- _Dataset records_:
-- ===== src/Shadowbox/AccessKeys.antt =====
-- The calls of server_manager/web_app/shadowbox_server.ts on access keys.
use Prim.Native.String.{◌++◌}
use pepper_vpn_client.Common.{ℕ, String, Option, none, some, List, [], ◌∷◌}
use pepper_vpn_client.Common.Map
use pepper_vpn_client.Shadowbox.{Request, no_body, name_form, limit_body}

-- The calls on access keys, which keep nothing.
pub data AccessKeyCall : Type 0 where
  get_access_key remove_access_key remove_access_key_data_limit : String → AccessKeyCall
  list_access_keys add_access_key get_data_usage : AccessKeyCall
  rename_access_key : String → String → AccessKeyCall
  set_access_key_data_limit : String → ℕ → AccessKeyCall

unfoldable pub access_key_request : AccessKeyCall → Request
access_key_request (get_access_key id) = record {
  path = "access-keys/" ++ id;
  method = "GET";
  body = no_body;
}
access_key_request list_access_keys = record {
  path = "access-keys";
  method = "GET";
  body = no_body;
}
access_key_request add_access_key = record { path = "access-keys"; method = "POST"; body = no_body }
access_key_request (rename_access_key id name) = record {
  path = ("access-keys/" ++ id) ++ "/name";
  method = "PUT";
  body = name_form name;
}
access_key_request (remove_access_key id) = record {
  path = "access-keys/" ++ id;
  method = "DELETE";
  body = no_body;
}
access_key_request (set_access_key_data_limit id limit) = record {
  path = ("access-keys/" ++ id) ++ "/data-limit";
  method = "PUT";
  body = limit_body limit;
}
access_key_request (remove_access_key_data_limit id) = record {
  path = ("access-keys/" ++ id) ++ "/data-limit";
  method = "DELETE";
  body = no_body;
}
access_key_request get_data_usage = record {
  path = "metrics/transfer";
  method = "GET";
  body = no_body;
}

-- the loop of `getDataUsage`
unfoldable pub usage_map : List (String × Option ℕ) → Map.Entries ℕ → Map.Entries ℕ
usage_map [] usage = usage
usage_map ((id, bytes) ∷ entries) usage =
    usage_map entries (Map.set usage id (elim bytes [ some n ↦ n | none ↦ 0 ]))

- _Work order_: For the string "Common", show each line of the entries above where it occurs.

- _Exercise answer_:
use pepper_vpn_client.Common.{ℕ, String, Option, none, some, List, [], ◌∷◌}
use pepper_vpn_client.Common.Map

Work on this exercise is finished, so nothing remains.